If you use some of the crawlee crawlers then migration problems should be already solved in the library.
If not, then you need to take care of that in your own code and persist the state so the crawler can start from the point before the restart.
But I’m using the official Scrapy - Apify integration. Handling of this feels like something which should happen under the level of my application code. In Scrapy I don’t get to touch the request queue at all.
This is very platform specific and how I understand the integration, its purpose is that I write Scrapy code, business as usual, and the integration takes care of the specifics of the platform. E.g. it automatically applies the proxy settings, implements the request queue, etc. It makes no sense if I was supposed to solve such low level stuff myself.
Hi there,
the migration process is working fine.
But after the start over the crawler reboots and the request queue is filled again with the same urls.... As it adds the urls on every start to the request queue.

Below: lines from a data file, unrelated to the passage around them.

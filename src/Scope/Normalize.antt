-- ===== src/Scope/Normalize.antt =====
-- The normalization of scope keys in src/weftmark/domain/scope.py. Python's `unicodedata.normalize("NFKC", …)`
-- and `str.casefold` rest on the Unicode tables, and are parameters.
use weft_mark.Prelude.{
  ℕ, Bool, false, ◌&&◌, ◌||◌, not, ◌==◌, leb, if◌then◌else◌, List, [], ◌∷◌, ◌++◌, Option, none,
  some, Text, codes, text_eq, is_blank, is_space, strip, is_empty, any, all, select, last?, Result,
  ok, err, ◌>>=◌, ◌>>◌, raise_if, scope_error,
}
use weft_mark.Scope.{Scope, ScopeKind, file, contract, boundary, schema, surface, is_file, value}

pub record Unicode : Type 0 where
  pub nfkc : Text → Text
  pub casefold : Text → Text

-- `_require_text`, which here returns the stripped text.
unfoldable pub require_text : Text → Result Text
require_text s = do raise_if (is_blank s) scope_error; ok (strip s)

-- `s.replace("\\", "/")`
unfoldable pub slashes : Text → Text
slashes [] = []
slashes (c ∷ s) = (if c == 92 then b'/' else c) ∷ slashes s

-- Put a character in front of the first part.
abbrev pub extend : ℕ → List Text → List Text
extend c [] = (c ∷ []) ∷ []
extend c (part ∷ parts) = (c ∷ part) ∷ parts

-- `s.split("/")`
unfoldable pub split_slash : Text → List Text
split_slash [] = [] ∷ []
split_slash (c ∷ s) = let rest = split_slash s in if c == b'/' then [] ∷ rest else extend c rest

-- `"/".join(parts)`
unfoldable pub join_slash : List Text → Text
join_slash [] = []
join_slash (part ∷ []) = part
join_slash (part ∷ q ∷ parts) = part ++ b'/' ∷ join_slash (q ∷ parts)

abbrev pub is_dot : Text → Bool
is_dot (c ∷ []) = c == b'.'
is_dot _ = false

abbrev pub is_dot_dot : Text → Bool
is_dot_dot (c ∷ d ∷ []) = c == b'.' && d == b'.'
is_dot_dot _ = false

-- The parts that `PurePosixPath` keeps.
abbrev pub is_part : Text → Bool
is_part s = not (is_empty s) && not (is_dot s)

-- `str(PurePosixPath(s))`, for a relative path.
unfoldable pub posix_path : Text → Text
posix_path s =
    let parts = select is_part (split_slash s) in
    if is_empty parts then codes "." else join_slash parts

abbrev pub is_absolute : Text → Bool
is_absolute [] = false
is_absolute (c ∷ s) = c == b'/'

-- `_normalize_file`
unfoldable pub normalize_file : Text → Result Text
normalize_file text = do
  stripped ← require_text text
  let path = slashes stripped
  raise_if (is_absolute path) scope_error
  raise_if (any is_dot_dot (split_slash path)) scope_error
  raise_if (any (any (λ c. c == 0)) (split_slash path)) scope_error
  let normalized = posix_path path
  raise_if (is_empty normalized || is_dot normalized) scope_error
  raise_if (any (λ c. c == b':') normalized) scope_error
  ok normalized

-- `re.sub(p + "+", "-", s)`: each longest run of the characters that satisfy `p` becomes one dash.
unfoldable pub dashes : (ℕ → Bool) → (in_run : Bool) → Text → Text
dashes p in_run [] = []
dashes p in_run (c ∷ s) =
    let rest = dashes p (p c) s in if p c then (if in_run then rest else b'-' ∷ rest) else c ∷ rest

abbrev pub is_key_end : ℕ → Bool
is_key_end c = (leb b'a' c && leb c b'z') || (leb b'0' c && leb c b'9')

abbrev pub is_key_char : ℕ → Bool
is_key_char c = is_key_end c || c == b'.' || c == b'_' || c == b'/' || c == b'-'

abbrev pub ends_well : Option ℕ → Bool
ends_well none = false
ends_well (some c) = is_key_end c

-- `_SEMANTIC_KEY.fullmatch(s)`
unfoldable pub is_semantic_key : Text → Bool
is_semantic_key [] = false
is_semantic_key (c ∷ s) = is_key_end c && (all is_key_char s && ends_well (last? (c ∷ s)))

-- `ScopeKind(text)`, a lookup by value.
unfoldable pub kind_of : Text → Result ScopeKind
kind_of s =
    if text_eq s (value file)
    then ok file
    else if text_eq s (value contract)
    then ok contract
    else if text_eq s (value boundary)
    then ok boundary
    else if text_eq s (value schema)
    then ok schema
    else if text_eq s (value surface)
    then ok surface
    else err scope_error

-- `s.partition(":")`: the text before the first colon and behind it, where there is one
unfoldable pub partition_colon : Text → Option (Text × Text)
partition_colon [] = none
partition_colon (c ∷ s) =
    let rest = partition_colon s in
    if c == b':'
    then some ([], s)
    else elim rest [ none ↦ none | some (prefix, key) ↦ some (c ∷ prefix, key) ]

unfoldable pub stripped_label : Option Text → Result (Option Text)
stripped_label none = ok none
stripped_label (some label) = do kept ← require_text label; ok (some kept)

module _ (u : Unicode) where
  -- `_normalize_semantic`
  unfoldable pub normalize_semantic : Text → Result Text
  normalize_semantic text = do
    stripped ← require_text text
    let spaced = dashes is_space false (u.casefold (u.nfkc stripped))
    let key = dashes (λ c. c == b'-') false spaced
    raise_if (not (is_semantic_key key)) scope_error
    raise_if (any (λ part. is_empty part || is_dot part || is_dot_dot part) (split_slash key))
        scope_error
    ok key

  -- The constructor: `__post_init__` replaces the key and the label by their normal forms.
  unfoldable pub make : ScopeKind → (key : Text) → (display_label : Option Text) → Result Scope
  make kind key display_label = do
    normalized ← if is_file kind then normalize_file key else normalize_semantic key
    label ← stripped_label display_label
    ok (record { kind = kind; key = normalized; display_label = label })

  unfoldable pub parse : Text → (display_label : Option Text) → Result Scope
  parse text display_label = do
    raw ← require_text text
    elim (partition_colon raw) [
      | none ↦ err scope_error
      | some (prefix, key) ↦ do kind ← kind_of (u.casefold prefix); make kind key display_label
    ]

Right now I am doing the following to clear the request queue:
Actor.on("migrating", async () => {
await requestQueue.drop();
});
This prevents me from getting duplicated data in the storage as I clear and open the storage before every crawl. So I start fresh on every crawl as well after migrating process.
However, it doesn't feel like the best solution to me. The best would be that requestqueue and storage keep the state after the migration process. What approach can I take here?
@Honza Javorek I am not using Python but it looks like that the official Scrapy - Apify integration just allow you to run the scrapy project on the platform but nothing more, so no state persistence. In that case you need to take care of that on your own
@Pombaer RequestQueue is by default automatically deduplicating, you cannot add same url twice and it of course keeps its state during the migration. So the already handled requests are not processed again.